Van Meene approaches and disturbs the problems inherent in the relationship between the photographer and the subject in a deliberate and productive way. Though rooted in documentary territory, her work remains closer in feel to Francesca Woodman than to Diane Arbus, combining documentary language with elements of fantasy, performance and psychological space to create a powerful and beguiling concoction.

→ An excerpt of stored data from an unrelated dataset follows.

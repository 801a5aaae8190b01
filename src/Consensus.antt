-- ===== src/Consensus.antt =====
-- internal/consensus: the replicated key-value state machine.
pub mod StateMachine
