-- ===== src/Consensus/StateMachine.antt =====
-- internal/consensus/fsm.go: the state machine that the replicated log drives, and
-- validateIdentifier of identity.go. `fingerprint` stands for the SHA-256 digest of a mutation's
-- JSON, and an entry of the log holds what `json.Unmarshal` makes of its data.
pub mod Replay
pub mod Reading
use Prim.Native.Char.{code}
use m_aistr.Prelude.{
  ℕ, zero, ◌+◌, ltb, ◌==◌, String, str_eq, Bool, true, false, not, ◌&&◌, ◌||◌, Option, none, some,
  List, [], ◌∷◌, length, is_empty, if◌then◌else◌,
}
use m_aistr.Prelude.Text.{trim_space}
use m_aistr.Prelude.Dict.{Dict, get, put, delete}

pub record Mutation : Type 0 where
  pub operation_id : String
  pub kind : String
  pub key : String
  pub value : List ℕ

pub record MutationResult : Type 0 where
  pub operation_id : String
  pub index : ℕ
  pub duplicate : Bool

pub record AppliedOperation : Type 0 where
  pub fingerprint : String
  pub index : ℕ

-- The error texts of fsm.go, without what they quote.
pub data MutationError : Type 0 where
  bad_identifier : String → MutationError
  delete_with_value : MutationError
  unsupported_kind : String → MutationError
  decode_error : MutationError
  operation_id_reuse : MutationError
  persist_applied_index : ℕ → String → MutationError

-- A response is nil, or has a result or an error.
pub data Response : Type 0 where
  nothing : Response
  done : MutationResult → Response
  refused : MutationError → Response

pub record StateMachine : Type 0 where
  pub values : Dict (List ℕ)
  pub operations : Dict AppliedOperation
  pub storage_err : Option MutationError

abbrev pub new_state_machine : StateMachine
new_state_machine = record { values = []; operations = []; storage_err = none }

-- The length of a text in UTF-8.
byte_length : String → ℕ
byte_length String.[] = 0
byte_length (String.◌∷◌ c s) =
    byte_length s
    + (if ltb (code c) 0x80
        then 1
        else if ltb (code c) 0x800
        then 2
        else if ltb (code c) 0x10000
        then 3
        else 4)

unfoldable pub validate_identifier : String → String → Option MutationError
unfolding byte_length
validate_identifier label value =
    if is_empty value || not (str_eq (trim_space value) value) || ltb 256 (byte_length value)
    then some (bad_identifier label)
    else none

or_else : Option MutationError → Option MutationError → Option MutationError
or_else none e = e
or_else (some e) _ = some e

validate_kind : Mutation → Option MutationError
validate_kind m =
    if str_eq m.kind "put"
    then none
    else if str_eq m.kind "delete"
    then (if length m.value == 0 then none else some delete_with_value)
    else some (unsupported_kind m.kind)

unfoldable pub validate_mutation : Mutation → Option MutationError
unfolding or_else validate_kind
validate_mutation m =
    or_else (validate_identifier "operation ID" m.operation_id)
      (or_else (validate_identifier "mutation key" m.key) (validate_kind m))

-- The `switch` on the kind of a valid mutation.
unfoldable pub mutate : Mutation → Dict (List ℕ) → Dict (List ℕ)
mutate m d =
    if str_eq m.kind "put"
    then put m.key m.value d
    else if str_eq m.kind "delete"
    then delete m.key d
    else d

pub record Log : Type 0 where
  pub is_command : Bool
  pub index : ℕ
  pub data_ : Option Mutation

abbrev pub command : ℕ → Mutation → Log
command index m = record { is_command = true; index = index; data_ = some m }

unfoldable pub read : String → StateMachine → Option (List ℕ)
read key f = get key f.values

-- A snapshot is the two maps; restoring one leaves the storage error.
abbrev pub StateSnapshot : Type 0
StateSnapshot = Dict (List ℕ) × Dict AppliedOperation

unfoldable pub snapshot : StateMachine → StateSnapshot
snapshot f = (f.values, f.operations)

unfoldable pub restore : StateSnapshot → StateMachine → StateMachine
restore s f = record f { values = s.0; operations = s.1 }

-- The write of an entry's index. `persist`, where it is set, stores it; its text is that of an error.
unfoldable pub persist_error : ℕ → Option (ℕ → Option String) → Option MutationError
persist_error index none = none
persist_error index (some p) = elim (p index) [
  | none ↦ none
  | some text ↦ some (persist_applied_index index text)
]

module _ (fingerprint : Mutation → String) (persist : Option (ℕ → Option String)) where
  -- The end of `Apply`, from the lookup of the operation.
  perform : ℕ → Mutation → StateMachine → Option AppliedOperation → StateMachine × Response
  perform index m f (some previous) =
      if str_eq previous.fingerprint (fingerprint m)
      then (
        f,
        done (record { operation_id = m.operation_id; index = previous.index; duplicate = true }),
      )
      else (f, refused operation_id_reuse)
  perform index m f none = (
    record f {
      values = mutate m f.values;
      operations =
          put m.operation_id (record { fingerprint = fingerprint m; index = index }) f.operations;
    },
    done (record { operation_id = m.operation_id; index = index; duplicate = false }),
  )

  persisted : ℕ → Mutation → StateMachine → Option MutationError → StateMachine × Response
  unfolding perform
  persisted index m f none = perform index m f (get m.operation_id f.operations)
  persisted index m f (some e) = (record f { storage_err = some e }, refused e)

  stored : ℕ → Mutation → StateMachine → Option MutationError → StateMachine × Response
  unfolding persisted persist_error
  stored index m f none = persisted index m f (persist_error index persist)
  stored index m f (some e) = (f, refused e)

  valid : ℕ → Mutation → StateMachine → Option MutationError → StateMachine × Response
  unfolding stored
  valid index m f none = stored index m f f.storage_err
  valid index m f (some e) = (f, refused e)

  unfoldable pub apply_data : ℕ → StateMachine → Option Mutation → StateMachine × Response
  unfolding valid
  apply_data index f none = (f, refused decode_error)
  apply_data index f (some m) = valid index m f (validate_mutation m)

  -- Apply
  unfoldable pub apply : Log → StateMachine → StateMachine × Response
  apply entry f = if entry.is_command then apply_data entry.index f entry.data_ else (f, nothing)

  -- The state after the entries of a log.
  unfoldable pub apply_all : List Log → StateMachine → StateMachine
  apply_all [] f = f
  apply_all (entry ∷ log) f = apply_all log (apply entry f).0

Van Meene was born in Alkmaar, Holland in 1972. She has already received international critical acclaim and has shown in numerous group and solo shows internationally. Since a solo showing in 1999 at The Photographers Gallery, van Meene she has shown work extensively including in The Citibank Private Bank Photography Prize 2000 at The Photographers Gallery.

The exhibition is accompanied by a public programme including Hellen van Meene in conversation with Curator Susie Gray, a seminar event exploring issues around contemporary portrait photography and consent at the National Portrait Gallery on 6th May, family workshops and a teenage parents photo project.

[...]

A Pump House Gallery Touring Exhibition travelling to Open Eye Gallery, Liverpool 21 July / 2 Sept 2006 and Focal Point Gallery, Southend-on-Sea 16 Dec 2006 / 3 Feb 2007. Supported by the Arts Council England, Mondriaan Foundation, Dutch Embassy and Sadie Coles HQ.